Description of the task -
Below are records; quote them exactly from the first line through the line that contains "frames = s.available_frames;".

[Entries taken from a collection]

——————

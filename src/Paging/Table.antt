-- ===== src/Paging/Table.antt =====
-- One round of the loop over the tables of a process's directory.
use mathlib.Core.Path.{subst}
use raw_os.Common.{
  ℕ, ◌*◌, ◌<◌, ◌≡◌, ◌≢◌, refl, sym, ap, ◌∙◌, ◌⊎◌, true, false, not, ◌&&◌, Bool-cases, inl, inr, ok,
  ◌==◌, if◌then◌else◌, arith,
}
use raw_os.Bitmap.Laws.{IsValid, bit_of}
use raw_os.Paging.{
  zero_entry, Paging, Platform, write, table_of,
  is_page_part_of_kernel_stack_in_process_address_space,
}
use raw_os.Paging.Clean.{Sweep, clean_table}
use raw_os.Paging.Swept.{clean_entries-IsSwept}
use raw_os.Paging.Entries.{removed, Owns, IsSwept}
use raw_os.Paging.Removal.{on_stack, shows, frame_of, goes, OwnsPages, TableCleaned}
use raw_os.Paging.Marks.{
  frees_hit, frees_miss, none_stays, no_table_goes, drop_test, add_test, none_left, present_after,
  in_range, all_gone, is_zero, is_same, self_test, and_assoc, cleared_other, cleared_self,
}

module _ {M : Type 0} (s : Paging M) (d i : ℕ) where
  abbrev first_sweep : Sweep
  first_sweep = record {
    frames = s.available_frames;
    pages = s.page_tables (table_of s d i);
    should_table_be_destroyed = true;
  }

  first-Owns : OwnsPages s d 1 i → (table_of s d i == 0) ≡ false → Owns first_sweep 1024 0
  first-Owns owns some_table = record {
    valid = owns.valid;
    inside = λ k le lt p. owns.inside i k (omega arith) (omega arith) lt (rw (some_table, p) refl);
    in_use = λ k le lt p. owns.in_use i k (omega arith) (omega arith) lt (rw (some_table, p) refl);
    distinct = λ k l le kl lt p q e. omega (
      arith,
      kl,
      (owns.distinct i k i l (omega arith) (omega arith) (omega arith) (omega arith) (omega arith)
          lt (rw (some_table, p) refl) (rw (some_table, q) refl) e).1,
    );
  }

  empty-TableCleaned : OwnsPages s d 1 i → (table_of s d i == 0) ≡ true → TableCleaned s d i s
  empty-TableCleaned owns no_table = record {
    valid = owns.valid;
    frames_size = refl;
    gone = λ x lt. rw no_table refl;
    freed = λ x lt e. absurd (no_table_goes _ _ _ no_table e);
    kept = λ f none_has. refl;
    tables = λ k ne. refl;
    here = inr refl;
    pages = λ t x apart. refl;
  }

  module _ (owns : OwnsPages s d 1 i) (some_table : (table_of s d i == 0) ≡ false) (sweep : Sweep)
      (swept : IsSwept (i * 1024) first_sweep 1024 0 sweep) (s' : Paging M)
      (frames_eq : s'.available_frames ≡ sweep.frames)
      (pages_eq : s'.page_tables ≡ write s.page_tables (table_of s d i) sweep.pages)
      (tables : (k : ℕ) → k ≢ i → table_of s' d k ≡ table_of s d k)
      (here : (table_of s' d i ≡ 0) ⊎ (table_of s' d i ≡ table_of s d i))
      (destroyed : table_of s' d i ≡ 0 → sweep.should_table_be_destroyed ≡ true) where
    bits : (f : ℕ) → bit_of s'.available_frames f ≡ bit_of sweep.frames f
    bits f = ap (λ b. bit_of b f) frames_eq

    removed_if_it_goes :
        (x : ℕ) → goes s d i x ≡ true → removed (i * 1024) (s.page_tables (table_of s d i)) x ≡ true
    unfolding is_page_part_of_kernel_stack_in_process_address_space
    removed_if_it_goes x e = drop_test _ _ _ some_table e

    goes_if_removed :
        (x : ℕ) → removed (i * 1024) (s.page_tables (table_of s d i)) x ≡ true → goes s d i x ≡ true
    unfolding is_page_part_of_kernel_stack_in_process_address_space
    goes_if_removed x e = add_test _ _ _ some_table e

    other_table :
        (t x : ℕ)
        → (table_of s d i ≢ 0 → table_of s d i ≢ t)
        → write s.page_tables (table_of s d i) sweep.pages t x ≡ s.page_tables t x
    other_table t x apart = elim (Bool-cases (t == table_of s d i)) [
      | inl e ↦ absurd (apart (is_zero _ some_table) (is_same t _ e))
      | inr e ↦ rw e refl
    ]

    entry_after :
        (x : ℕ)
        → x < 1024
        → s'.page_tables (table_of s d i) x ≡ (
            if removed (i * 1024) (s.page_tables (table_of s d i)) x
            then zero_entry
            else s.page_tables (table_of s d i) x)
    entry_after x lt =
        ap (λ p. p (table_of s d i) x) pages_eq
        ∙ (rw (self_test (table_of s d i)) refl
            ∙ (swept.pages_eq x
                ∙ ap (λ b. if b then zero_entry else s.page_tables (table_of s d i) x)
                    (in_range x (removed (i * 1024) (s.page_tables (table_of s d i)) x) lt)))

    gone : (x : ℕ) → x < 1024 → shows s' d i x ≡ (shows s d i x && on_stack i x)
    unfolding is_page_part_of_kernel_stack_in_process_address_space
    gone x lt = elim here [
      | inl z ↦ rw z (
          none_left (table_of s d i == 0) (s.page_tables (table_of s d i) x).present (on_stack i x)
            (none_stays (i * 1024) (s.page_tables (table_of s d i)) 1024 0 x
              (all_gone _ _ (destroyed z) swept.destroyed) (omega arith) (omega arith)))
      | inr e ↦
          ap (λ t. not (t == 0) && (s'.page_tables t x).present) e
          ∙ (ap (λ p. not (table_of s d i == 0) && p.present) (entry_after x lt)
              ∙ (ap (λ b. not (table_of s d i == 0) && b)
                    (present_after (s.page_tables (table_of s d i) x) (on_stack i x))
                  ∙ and_assoc (not (table_of s d i == 0)) (s.page_tables (table_of s d i) x).present
                      (on_stack i x)))
    ]

    swept-TableCleaned : TableCleaned s d i s'
    swept-TableCleaned = record {
      valid = subst IsValid (sym frames_eq) swept.valid;
      frames_size = ap (λ b. b.size) frames_eq ∙ swept.frames_size;
      gone = gone;
      freed = λ x lt e.
          bits (frame_of s d i x)
          ∙ (swept.bits (frame_of s d i x)
              ∙ rw
                  (frees_hit (i * 1024) (s.page_tables (table_of s d i)) 1024 0 x (omega arith)
                    (omega arith) (removed_if_it_goes x e))
                  refl);
      kept = λ f none_has.
          bits f
          ∙ (swept.bits f
              ∙ rw
                  (frees_miss (i * 1024) (s.page_tables (table_of s d i)) 1024 0 f
                    (λ x le lt r. none_has x (omega arith) (goes_if_removed x r)))
                  refl);
      tables = tables;
      here = here;
      pages = λ t x apart. ap (λ p. p t x) pages_eq ∙ other_table t x apart;
    }

module _ {M : Type 0} (platform : Platform M) where
  abbrev swept_state : Paging M → ℕ → ℕ → Sweep → Paging M
  swept_state s d i sweep = record s {
    available_frames = sweep.frames;
    page_tables = write s.page_tables (table_of s d i) sweep.pages;
  }

  abbrev destroyed_state : Paging M → ℕ → ℕ → Sweep → Paging M
  destroyed_state s d i sweep = record (swept_state s d i sweep) {
    machine = platform.kalloc_free s.machine (table_of s d i);
    directories = write s.directories d (record {
      tables = write (s.directories d).tables i 0;
      tables_x86_representation = write (s.directories d).tables_x86_representation i 0;
    });
  }

  pub clean_table-TableCleaned :
      (s : Paging M) (d i : ℕ)
      → OwnsPages s d 1 i
      → (s' : Paging M) × (clean_table platform d i s ≡ ok s') × TableCleaned s d i s'
  unfolding clean_table
  clean_table-TableCleaned s d i owns = elim (Bool-cases (table_of s d i == 0)) [
    | inl no_table ↦ (s, rw (clean_table, no_table), empty-TableCleaned s d i owns no_table)
    | inr some_table ↦
        let (sweep, e, swept) =
          clean_entries-IsSwept (i * 1024) 1024 0 (first_sweep s d i)
            (first-Owns s d i owns some_table) in
        elim (Bool-cases sweep.should_table_be_destroyed) [
          | inl destroyed ↦ (
            destroyed_state s d i sweep,
            rw (clean_table, some_table, e, destroyed) refl,
            swept-TableCleaned s d i owns some_table sweep swept (destroyed_state s d i sweep) refl
                refl
                (λ k ne.
                  cleared_other s.directories d i k
                    (write (s.directories d).tables_x86_representation i 0) ne)
                (inl (
                  cleared_self s.directories d i
                    (write (s.directories d).tables_x86_representation i 0)))
                (λ z. destroyed),
          )
          | inr stays_there ↦ (
            swept_state s d i sweep,
            rw (clean_table, some_table, e, stays_there) refl,
            swept-TableCleaned s d i owns some_table sweep swept (swept_state s d i sweep) refl refl
                (λ k ne. refl) (inr refl) (λ z. absurd (is_zero _ some_table z)),
          )
        ]
  ]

——————

Response to the exercise -
filename src/Paging/Table.antt
-- ===== src/Paging/Table.antt =====
-- One round of the loop over the tables of a process's directory.
use mathlib.Core.Path.{subst}
use raw_os.Common.{
  ℕ, ◌*◌, ◌<◌, ◌≡◌, ◌≢◌, refl, sym, ap, ◌∙◌, ◌⊎◌, true, false, not, ◌&&◌, Bool-cases, inl, inr, ok,
  ◌==◌, if◌then◌else◌, arith,
}
use raw_os.Bitmap.Laws.{IsValid, bit_of}
use raw_os.Paging.{
  zero_entry, Paging, Platform, write, table_of,
  is_page_part_of_kernel_stack_in_process_address_space,
}
use raw_os.Paging.Clean.{Sweep, clean_table}
use raw_os.Paging.Swept.{clean_entries-IsSwept}
use raw_os.Paging.Entries.{removed, Owns, IsSwept}
use raw_os.Paging.Removal.{on_stack, shows, frame_of, goes, OwnsPages, TableCleaned}
use raw_os.Paging.Marks.{
  frees_hit, frees_miss, none_stays, no_table_goes, drop_test, add_test, none_left, present_after,
  in_range, all_gone, is_zero, is_same, self_test, and_assoc, cleared_other, cleared_self,
}

module _ {M : Type 0} (s : Paging M) (d i : ℕ) where
  abbrev first_sweep : Sweep
  first_sweep = record {
    frames = s.available_frames;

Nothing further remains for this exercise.